### TASK DETAILS:
Lines in the entries below where the word "granted" shows up should each be copied.

### GIVEN RECORDS:
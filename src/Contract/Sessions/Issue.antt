-- ===== src/Contract/Sessions/Issue.antt =====
-- Issuing a session credential: issue, verify_credential and verify_parent of holder_sessions.rs.
use sec_s_magik.Base.{
  ℕ, ◌≤◌, ◌<◌, ◌≡◌, refl, subst, true, false, List, Text, ok, is_ok, Eq, ◌!=◌, list_eq, nat_eq,
  bne→eq, eq→beq, arith,
}
use sec_s_magik.Contract.Claims.{IssuerPin, Grant, Wire}
use sec_s_magik.Contract.Codec.{
  Crypto, JsonLibrary, hex, key, public_hex, canonical, digest, sign, verify,
}
use sec_s_magik.Contract.Version2
use sec_s_magik.Contract.Version2.{Permission}
use sec_s_magik.Contract.Holder
use sec_s_magik.Contract.Holder.{checked_add}
use sec_s_magik.Contract.Sessions.{
  Context, Challenge, Authorization, Credential, SessionWire, credential_schema, credential_domain,
}
use sec_s_magik.Contract.Sessions.Protocol
use sec_s_magik.Contract.Codec.Laws.{CryptoLaws, verify-sign}
use sec_s_magik.Contract.Sessions.Windows.{
  parent_binding_at, session_credential_window, parent_facts,
}
use sec_s_magik.Contract.Sessions.Exchange.{review_facts}

module _ {SigningKey VerifyingKey Value : Type 0} ⦃e : Eq Value⦄
    (crypto : Crypto SigningKey VerifyingKey) (json : JsonLibrary Value)
    (permission_value : Permission Value → Value)
    (permissions_value : List (Permission Value) → Value) (wire : Wire (Permission Value) Value)
    (session_wire : SessionWire Value) where
  authorization_facts :
      (pin : IssuerPin) (a : Authorization Value) (context : Context) (now : ℕ)
      → Protocol.verify_authorization crypto json permission_value permissions_value wire
          session_wire pin a context now
        ≡ ok tt
      → Protocol.review_challenge crypto json permission_value permissions_value wire session_wire
          pin a.parent_grant a.challenge context now
        ≡ ok tt
  unfolding Protocol.verify_authorization
  authorization_facts pin a context now h = ground arith

  -- The issuer's names in a bound challenge are the pinned ones.
  bound_names :
      (pin : IssuerPin) (parent : Grant (Permission Value)) (c : Challenge Value)
      (context : Context) (now : ℕ)
      → Protocol.parent_binding crypto json permission_value permissions_value wire session_wire pin
          parent c context now
        ≡ ok tt
      → ((c.issuer != pin.issuer) ≡ false)
        × ((c.key_id != pin.key_id) ≡ false)
        × ((c.service != pin.service) ≡ false)
  unfolding Protocol.parent_binding
  bound_names pin parent c context now h = (ground arith, ground arith, ground arith)

  pinned_key :
      (pin : IssuerPin) (parent : Grant (Permission Value)) (now : ℕ)
      → Holder.verify_grant crypto json wire
          (Version2.profile json permission_value permissions_value)
          pin
          parent
          now
        ≡ ok tt
      → (v : VerifyingKey) × (key crypto pin.public_key ≡ ok v)
  unfolding Holder.verify_grant Holder.validate_grant
  pinned_key pin parent now h = ground arith

  -- What `issue` checks and returns.
  record IsIssued (pin : IssuerPin) (a : Authorization Value) (id : Text) (context : Context)
      (issuer : SigningKey) (now : ℕ) (c : Credential Value) : Type 0 where
    same_challenge : c.claims.challenge ≡ a.challenge
    authorized :
        Protocol.verify_authorization crypto json permission_value permissions_value wire
          session_wire pin a context now
        ≡ ok tt
    good_id : is_ok (hex crypto 16 c.claims.credential_id) ≡ true
    schema : c.claims.schema ≡ credential_schema
    own_key : public_hex crypto issuer ≡ pin.public_key
    digested :
        digest crypto json (session_wire.challenge a.challenge) ≡ ok c.claims.challenge_digest
    signed :
        sign crypto json credential_domain (session_wire.claims c.claims) issuer ≡ ok c.signature
    written : is_ok (canonical json (session_wire.credential c)) ≡ true

  IsIssued-facts :
      (pin : IssuerPin) (a : Authorization Value) (id : Text) (context : Context)
      (issuer : SigningKey) (now : ℕ) (c : Credential Value)
      → Protocol.issue crypto json permission_value permissions_value wire session_wire pin a id
          context issuer now
        ≡ ok c
      → IsIssued pin a id context issuer now c
  unfolding Protocol.issue
  IsIssued-facts pin a id context issuer now c h = record {
    same_challenge = ground arith;
    authorized = ground arith;
    good_id = ground arith;
    schema = ground arith;
    own_key = bne→eq (public_hex crypto issuer) pin.public_key (ground arith);
    digested = ground arith;
    signed = ground arith;
    written = ground arith;
  }

  issued_verifies :
      CryptoLaws crypto
      → (pin : IssuerPin) (a : Authorization Value) (id : Text) (context : Context)
        (issuer : SigningKey) (now : ℕ) (c : Credential Value)
      → IsIssued pin a id context issuer now c
      → Protocol.verify_credential crypto json permission_value permissions_value wire session_wire
          pin c context now
        ≡ ok tt
  unfolding Protocol.verify_credential
  issued_verifies laws pin a id context issuer now c facts =
      let (bound, _) =
        review_facts crypto json permission_value permissions_value wire session_wire pin
          a.parent_grant a.challenge context now
          (authorization_facts pin a context now facts.authorized) in
      let (valid, granted, _, _) =
        parent_facts crypto json permission_value permissions_value wire session_wire pin
          a.parent_grant a.challenge context now bound in
      let (issuer_eq, key_id_eq, service_eq) =
        bound_names pin a.parent_grant a.challenge context now bound in
      let (v, good) = pinned_key pin a.parent_grant now granted in
      let signed =
        subst
          (λ q.
            verify crypto json credential_domain (session_wire.claims c.claims) c.signature q
            ≡ ok tt)
          facts.own_key
          (verify-sign crypto laws json credential_domain (session_wire.claims c.claims) issuer v
            c.signature (rw facts.own_key good) facts.signed) in
      ground (
        arith,
        facts.written,
        facts.same_challenge,
        valid,
        facts.good_id,
        eq→beq c.claims.schema credential_schema facts.schema,
        facts.digested,
        eq→beq c.claims.challenge_digest c.claims.challenge_digest refl,
        issuer_eq,
        key_id_eq,
        service_eq,
        signed,
      )

  both_verify :
      (pin : IssuerPin) (parent : Grant (Permission Value)) (c : Credential Value)
      (context : Context) (now : ℕ)
      → Protocol.verify_credential crypto json permission_value permissions_value wire session_wire
          pin c context now
        ≡ ok tt
      → Protocol.parent_binding crypto json permission_value permissions_value wire session_wire pin
          parent c.claims.challenge context now
        ≡ ok tt
      → Protocol.verify_parent crypto json permission_value permissions_value wire session_wire pin
          parent c context now
        ≡ ok tt
  unfolding Protocol.verify_parent
  both_verify pin parent c context now h k = ground arith

  -- Given the laws of the cryptography, a session credential that is issued on an authorization
  -- verifies, in the same context and with the authorization's parent grant, at every time of its
  -- challenge's window.
  pub issue-verify_parent :
      CryptoLaws crypto
      → (pin : IssuerPin) (a : Authorization Value) (id : Text) (context : Context)
        (issuer : SigningKey) (now t : ℕ) (c : Credential Value)
      → Protocol.issue crypto json permission_value permissions_value wire session_wire pin a id
          context issuer now
        ≡ ok c
      → a.challenge.issued_at ≤ t
      → t < a.challenge.expires_at
      → Protocol.verify_parent crypto json permission_value permissions_value wire session_wire pin
          a.parent_grant c context t
        ≡ ok tt
  issue-verify_parent laws pin a id context issuer now t c h begun unexpired =
      let facts = IsIssued-facts pin a id context issuer now c h in
      let (bound, _) =
        review_facts crypto json permission_value permissions_value wire session_wire pin
          a.parent_grant a.challenge context now
          (authorization_facts pin a context now facts.authorized) in
      let bound_now =
        parent_binding_at crypto json permission_value permissions_value wire session_wire pin
          a.parent_grant a.challenge context now t bound begun unexpired in
      let window =
        session_credential_window crypto json permission_value permissions_value wire session_wire
          pin c context now t (issued_verifies laws pin a id context issuer now c facts) in
      both_verify pin a.parent_grant c context t
        (window.1 (rw facts.same_challenge begun, rw facts.same_challenge unexpired))
        (rw facts.same_challenge bound_now)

### WRITTEN SOLUTION:
      let (valid, granted, _, _) =
      let (v, good) = pinned_key pin a.parent_grant now granted in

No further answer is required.